Stored dataset items |
##########

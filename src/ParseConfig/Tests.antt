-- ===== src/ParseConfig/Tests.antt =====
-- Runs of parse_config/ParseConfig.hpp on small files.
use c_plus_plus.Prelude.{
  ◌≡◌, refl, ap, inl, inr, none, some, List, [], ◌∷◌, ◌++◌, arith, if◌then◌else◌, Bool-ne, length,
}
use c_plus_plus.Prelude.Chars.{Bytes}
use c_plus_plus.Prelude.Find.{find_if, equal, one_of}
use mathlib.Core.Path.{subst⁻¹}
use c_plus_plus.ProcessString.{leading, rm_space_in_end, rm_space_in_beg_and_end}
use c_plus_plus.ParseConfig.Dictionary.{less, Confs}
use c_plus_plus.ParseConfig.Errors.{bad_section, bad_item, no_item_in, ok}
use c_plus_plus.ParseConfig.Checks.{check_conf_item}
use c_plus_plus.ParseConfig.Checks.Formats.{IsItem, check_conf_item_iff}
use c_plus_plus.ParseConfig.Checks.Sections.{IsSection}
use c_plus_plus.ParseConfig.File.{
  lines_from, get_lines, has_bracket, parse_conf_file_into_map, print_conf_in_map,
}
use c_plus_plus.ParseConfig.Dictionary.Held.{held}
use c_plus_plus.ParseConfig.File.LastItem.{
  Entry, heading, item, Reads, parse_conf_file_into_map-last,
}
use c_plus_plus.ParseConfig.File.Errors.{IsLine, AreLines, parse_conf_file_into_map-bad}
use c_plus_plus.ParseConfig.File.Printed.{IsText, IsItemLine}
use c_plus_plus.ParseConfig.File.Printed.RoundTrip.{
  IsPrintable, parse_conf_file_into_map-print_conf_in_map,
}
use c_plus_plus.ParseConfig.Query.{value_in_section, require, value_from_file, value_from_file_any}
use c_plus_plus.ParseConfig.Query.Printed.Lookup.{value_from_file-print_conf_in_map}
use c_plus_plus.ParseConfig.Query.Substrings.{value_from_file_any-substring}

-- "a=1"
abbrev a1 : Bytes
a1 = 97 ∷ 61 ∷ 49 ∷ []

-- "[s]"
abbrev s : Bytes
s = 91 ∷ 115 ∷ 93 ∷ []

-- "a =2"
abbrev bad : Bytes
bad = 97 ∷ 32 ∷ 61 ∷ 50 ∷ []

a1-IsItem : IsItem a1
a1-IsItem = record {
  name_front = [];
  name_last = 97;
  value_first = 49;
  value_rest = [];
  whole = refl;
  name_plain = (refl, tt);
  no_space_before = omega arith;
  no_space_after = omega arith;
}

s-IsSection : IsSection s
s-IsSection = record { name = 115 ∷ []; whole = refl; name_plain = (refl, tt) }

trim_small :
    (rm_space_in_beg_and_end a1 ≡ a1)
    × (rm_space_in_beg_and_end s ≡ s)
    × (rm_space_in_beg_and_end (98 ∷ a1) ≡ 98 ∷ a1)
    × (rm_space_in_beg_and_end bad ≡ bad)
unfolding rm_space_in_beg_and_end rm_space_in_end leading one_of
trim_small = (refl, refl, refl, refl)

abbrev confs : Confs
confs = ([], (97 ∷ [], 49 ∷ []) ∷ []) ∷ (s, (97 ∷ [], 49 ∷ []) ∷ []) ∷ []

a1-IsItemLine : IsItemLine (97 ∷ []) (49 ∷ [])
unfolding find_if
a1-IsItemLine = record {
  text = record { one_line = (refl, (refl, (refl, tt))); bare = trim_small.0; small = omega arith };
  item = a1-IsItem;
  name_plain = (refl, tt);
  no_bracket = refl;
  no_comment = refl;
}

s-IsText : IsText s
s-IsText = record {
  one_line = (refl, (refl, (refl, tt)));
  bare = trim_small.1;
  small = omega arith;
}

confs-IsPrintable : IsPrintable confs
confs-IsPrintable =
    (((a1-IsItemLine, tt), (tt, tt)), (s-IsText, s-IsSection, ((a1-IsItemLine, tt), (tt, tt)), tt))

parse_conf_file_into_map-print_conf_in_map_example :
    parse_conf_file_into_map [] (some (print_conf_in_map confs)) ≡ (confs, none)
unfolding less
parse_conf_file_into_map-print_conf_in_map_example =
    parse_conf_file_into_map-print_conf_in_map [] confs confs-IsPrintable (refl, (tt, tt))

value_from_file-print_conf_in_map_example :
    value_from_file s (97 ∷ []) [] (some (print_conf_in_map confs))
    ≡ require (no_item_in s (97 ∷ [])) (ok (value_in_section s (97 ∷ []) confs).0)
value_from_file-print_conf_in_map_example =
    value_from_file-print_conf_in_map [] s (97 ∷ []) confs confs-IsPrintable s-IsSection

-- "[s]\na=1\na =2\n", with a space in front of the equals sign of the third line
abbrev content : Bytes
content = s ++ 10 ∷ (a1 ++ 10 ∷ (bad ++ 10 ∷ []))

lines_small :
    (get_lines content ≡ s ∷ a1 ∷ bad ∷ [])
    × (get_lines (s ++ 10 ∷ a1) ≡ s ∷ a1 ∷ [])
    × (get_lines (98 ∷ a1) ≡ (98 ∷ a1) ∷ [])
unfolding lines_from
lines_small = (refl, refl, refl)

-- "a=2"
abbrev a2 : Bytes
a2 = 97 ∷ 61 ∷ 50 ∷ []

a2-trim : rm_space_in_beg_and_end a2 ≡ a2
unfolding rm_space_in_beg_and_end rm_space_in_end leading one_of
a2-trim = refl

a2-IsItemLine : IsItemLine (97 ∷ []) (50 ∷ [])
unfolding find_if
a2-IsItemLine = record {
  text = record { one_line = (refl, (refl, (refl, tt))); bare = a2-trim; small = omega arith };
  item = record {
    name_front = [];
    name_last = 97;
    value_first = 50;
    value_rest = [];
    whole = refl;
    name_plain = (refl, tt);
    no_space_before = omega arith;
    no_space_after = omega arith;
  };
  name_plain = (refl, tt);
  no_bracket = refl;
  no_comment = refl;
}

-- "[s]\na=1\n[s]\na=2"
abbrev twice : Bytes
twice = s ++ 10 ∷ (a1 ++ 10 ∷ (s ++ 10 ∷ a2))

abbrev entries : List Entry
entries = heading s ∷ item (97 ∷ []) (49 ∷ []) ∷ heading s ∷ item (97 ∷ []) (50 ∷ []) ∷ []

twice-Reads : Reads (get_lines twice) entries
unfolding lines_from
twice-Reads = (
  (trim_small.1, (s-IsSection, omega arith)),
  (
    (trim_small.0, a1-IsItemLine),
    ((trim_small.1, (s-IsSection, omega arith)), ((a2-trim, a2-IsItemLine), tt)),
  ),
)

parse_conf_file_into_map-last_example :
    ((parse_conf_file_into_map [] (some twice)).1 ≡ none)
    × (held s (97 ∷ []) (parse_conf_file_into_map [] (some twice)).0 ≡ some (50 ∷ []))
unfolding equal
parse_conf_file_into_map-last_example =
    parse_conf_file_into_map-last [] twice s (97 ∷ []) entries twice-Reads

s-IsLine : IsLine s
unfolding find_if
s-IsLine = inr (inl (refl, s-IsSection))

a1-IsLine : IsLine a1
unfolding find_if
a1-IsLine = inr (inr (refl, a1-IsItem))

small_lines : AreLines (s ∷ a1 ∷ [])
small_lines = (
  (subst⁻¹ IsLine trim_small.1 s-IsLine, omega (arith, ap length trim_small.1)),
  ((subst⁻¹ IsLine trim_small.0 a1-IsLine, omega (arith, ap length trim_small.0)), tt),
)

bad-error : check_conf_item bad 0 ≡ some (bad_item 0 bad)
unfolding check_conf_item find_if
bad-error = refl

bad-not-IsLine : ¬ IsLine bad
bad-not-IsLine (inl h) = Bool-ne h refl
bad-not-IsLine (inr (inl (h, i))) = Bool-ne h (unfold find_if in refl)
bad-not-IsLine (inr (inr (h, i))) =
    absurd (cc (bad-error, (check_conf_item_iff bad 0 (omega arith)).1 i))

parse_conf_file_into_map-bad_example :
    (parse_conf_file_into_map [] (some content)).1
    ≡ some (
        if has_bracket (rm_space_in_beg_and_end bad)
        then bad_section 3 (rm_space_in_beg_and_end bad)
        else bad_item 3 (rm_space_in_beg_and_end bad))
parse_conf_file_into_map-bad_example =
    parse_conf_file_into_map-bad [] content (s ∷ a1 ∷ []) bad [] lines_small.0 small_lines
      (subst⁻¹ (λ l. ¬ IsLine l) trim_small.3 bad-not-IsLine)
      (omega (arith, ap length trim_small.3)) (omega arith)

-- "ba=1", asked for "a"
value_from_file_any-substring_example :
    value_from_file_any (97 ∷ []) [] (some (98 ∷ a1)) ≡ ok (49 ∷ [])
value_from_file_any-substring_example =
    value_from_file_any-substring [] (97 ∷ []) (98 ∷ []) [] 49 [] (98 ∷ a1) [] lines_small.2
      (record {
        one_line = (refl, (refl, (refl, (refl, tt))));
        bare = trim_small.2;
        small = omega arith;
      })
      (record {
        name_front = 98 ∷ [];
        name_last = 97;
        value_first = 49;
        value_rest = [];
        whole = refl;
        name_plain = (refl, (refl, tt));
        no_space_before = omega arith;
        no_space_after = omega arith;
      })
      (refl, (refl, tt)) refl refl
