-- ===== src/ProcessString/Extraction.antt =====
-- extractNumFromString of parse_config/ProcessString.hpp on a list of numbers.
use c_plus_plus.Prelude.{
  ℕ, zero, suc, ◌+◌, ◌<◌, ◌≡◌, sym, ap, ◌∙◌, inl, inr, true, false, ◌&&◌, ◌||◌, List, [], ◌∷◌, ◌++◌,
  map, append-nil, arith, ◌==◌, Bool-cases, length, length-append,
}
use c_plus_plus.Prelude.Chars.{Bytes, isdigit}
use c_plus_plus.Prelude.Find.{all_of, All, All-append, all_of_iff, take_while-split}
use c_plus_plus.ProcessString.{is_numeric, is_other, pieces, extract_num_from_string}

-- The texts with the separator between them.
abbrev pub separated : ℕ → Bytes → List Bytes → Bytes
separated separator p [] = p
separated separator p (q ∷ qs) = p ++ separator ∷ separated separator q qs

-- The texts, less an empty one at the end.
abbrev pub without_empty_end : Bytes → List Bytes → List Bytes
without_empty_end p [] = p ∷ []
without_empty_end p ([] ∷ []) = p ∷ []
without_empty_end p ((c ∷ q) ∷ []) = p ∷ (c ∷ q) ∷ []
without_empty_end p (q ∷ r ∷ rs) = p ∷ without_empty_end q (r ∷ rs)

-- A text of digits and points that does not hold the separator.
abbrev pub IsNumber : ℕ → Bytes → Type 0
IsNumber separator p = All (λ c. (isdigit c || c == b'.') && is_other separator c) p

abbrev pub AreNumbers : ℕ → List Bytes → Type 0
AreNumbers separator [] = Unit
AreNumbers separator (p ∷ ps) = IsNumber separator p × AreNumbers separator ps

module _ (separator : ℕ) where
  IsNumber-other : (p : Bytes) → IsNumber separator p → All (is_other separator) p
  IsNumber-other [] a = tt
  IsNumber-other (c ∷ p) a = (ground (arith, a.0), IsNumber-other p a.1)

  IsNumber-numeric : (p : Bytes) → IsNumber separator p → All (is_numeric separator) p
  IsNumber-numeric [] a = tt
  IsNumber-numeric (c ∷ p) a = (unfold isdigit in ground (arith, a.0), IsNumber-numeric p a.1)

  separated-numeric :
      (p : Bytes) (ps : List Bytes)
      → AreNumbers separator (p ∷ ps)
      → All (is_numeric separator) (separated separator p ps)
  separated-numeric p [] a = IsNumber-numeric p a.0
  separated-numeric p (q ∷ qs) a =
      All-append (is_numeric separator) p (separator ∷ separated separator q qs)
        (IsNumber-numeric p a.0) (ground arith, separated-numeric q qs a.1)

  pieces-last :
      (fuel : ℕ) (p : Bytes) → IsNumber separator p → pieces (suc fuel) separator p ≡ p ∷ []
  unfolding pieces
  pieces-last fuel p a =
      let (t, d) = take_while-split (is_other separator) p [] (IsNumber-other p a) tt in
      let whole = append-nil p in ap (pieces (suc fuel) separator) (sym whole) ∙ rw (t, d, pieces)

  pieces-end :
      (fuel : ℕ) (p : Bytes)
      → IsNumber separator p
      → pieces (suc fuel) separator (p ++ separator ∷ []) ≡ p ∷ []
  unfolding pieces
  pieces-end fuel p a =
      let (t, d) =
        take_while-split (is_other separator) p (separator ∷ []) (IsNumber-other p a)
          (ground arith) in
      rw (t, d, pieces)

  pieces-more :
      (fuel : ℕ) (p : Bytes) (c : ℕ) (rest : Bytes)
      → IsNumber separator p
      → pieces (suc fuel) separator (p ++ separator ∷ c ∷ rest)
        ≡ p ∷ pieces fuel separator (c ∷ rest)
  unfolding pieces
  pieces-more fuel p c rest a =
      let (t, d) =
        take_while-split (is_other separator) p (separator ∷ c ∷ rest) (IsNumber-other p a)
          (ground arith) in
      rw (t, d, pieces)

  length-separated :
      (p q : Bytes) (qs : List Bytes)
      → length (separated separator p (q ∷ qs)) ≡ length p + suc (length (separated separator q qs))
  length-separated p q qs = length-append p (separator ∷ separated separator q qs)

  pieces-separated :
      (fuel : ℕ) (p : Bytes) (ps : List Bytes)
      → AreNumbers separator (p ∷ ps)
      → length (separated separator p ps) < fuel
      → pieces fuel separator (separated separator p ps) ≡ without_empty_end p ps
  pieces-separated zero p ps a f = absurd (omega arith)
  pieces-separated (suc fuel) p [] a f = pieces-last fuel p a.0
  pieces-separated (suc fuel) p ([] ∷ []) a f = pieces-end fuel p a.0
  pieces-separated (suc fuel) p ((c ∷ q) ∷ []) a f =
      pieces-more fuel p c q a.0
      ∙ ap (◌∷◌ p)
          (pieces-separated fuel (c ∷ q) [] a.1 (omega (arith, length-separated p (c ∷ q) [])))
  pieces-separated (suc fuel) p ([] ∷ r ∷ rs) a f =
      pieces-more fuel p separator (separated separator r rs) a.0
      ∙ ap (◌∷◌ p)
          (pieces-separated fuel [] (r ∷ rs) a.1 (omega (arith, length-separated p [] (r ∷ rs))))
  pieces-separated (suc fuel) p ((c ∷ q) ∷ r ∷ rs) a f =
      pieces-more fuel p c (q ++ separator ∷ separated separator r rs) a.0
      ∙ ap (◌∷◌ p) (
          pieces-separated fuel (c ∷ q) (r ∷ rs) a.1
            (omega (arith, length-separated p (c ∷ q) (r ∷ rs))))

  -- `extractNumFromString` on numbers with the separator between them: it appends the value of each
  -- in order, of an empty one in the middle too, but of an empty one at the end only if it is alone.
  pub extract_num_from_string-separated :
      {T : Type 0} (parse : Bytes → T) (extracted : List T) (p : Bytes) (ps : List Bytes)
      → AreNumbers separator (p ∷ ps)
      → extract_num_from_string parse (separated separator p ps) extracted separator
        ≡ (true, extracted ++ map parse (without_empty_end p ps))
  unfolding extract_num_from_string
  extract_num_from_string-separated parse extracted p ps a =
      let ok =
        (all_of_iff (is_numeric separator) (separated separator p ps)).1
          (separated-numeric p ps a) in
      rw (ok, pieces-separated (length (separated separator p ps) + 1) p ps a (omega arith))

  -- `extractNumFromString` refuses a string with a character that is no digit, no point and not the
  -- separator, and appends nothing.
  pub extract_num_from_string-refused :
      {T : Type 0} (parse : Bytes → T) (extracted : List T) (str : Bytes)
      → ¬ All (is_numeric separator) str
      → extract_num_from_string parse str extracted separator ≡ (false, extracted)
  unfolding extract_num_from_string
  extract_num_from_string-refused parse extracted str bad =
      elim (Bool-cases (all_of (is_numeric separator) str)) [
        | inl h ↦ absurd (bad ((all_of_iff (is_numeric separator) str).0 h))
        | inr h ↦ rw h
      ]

##########

Your objective | Every line containing the string "whole" is required; copy each such line from the data.

Finished exercise |
  whole = refl;
s-IsSection = record { name = 115 ∷ []; whole = refl; name_plain = (refl, tt) }
    whole = refl;
        whole = refl;
      let whole = append-nil p in ap (pieces (suc fuel) separator) (sym whole) ∙ rw (t, d, pieces)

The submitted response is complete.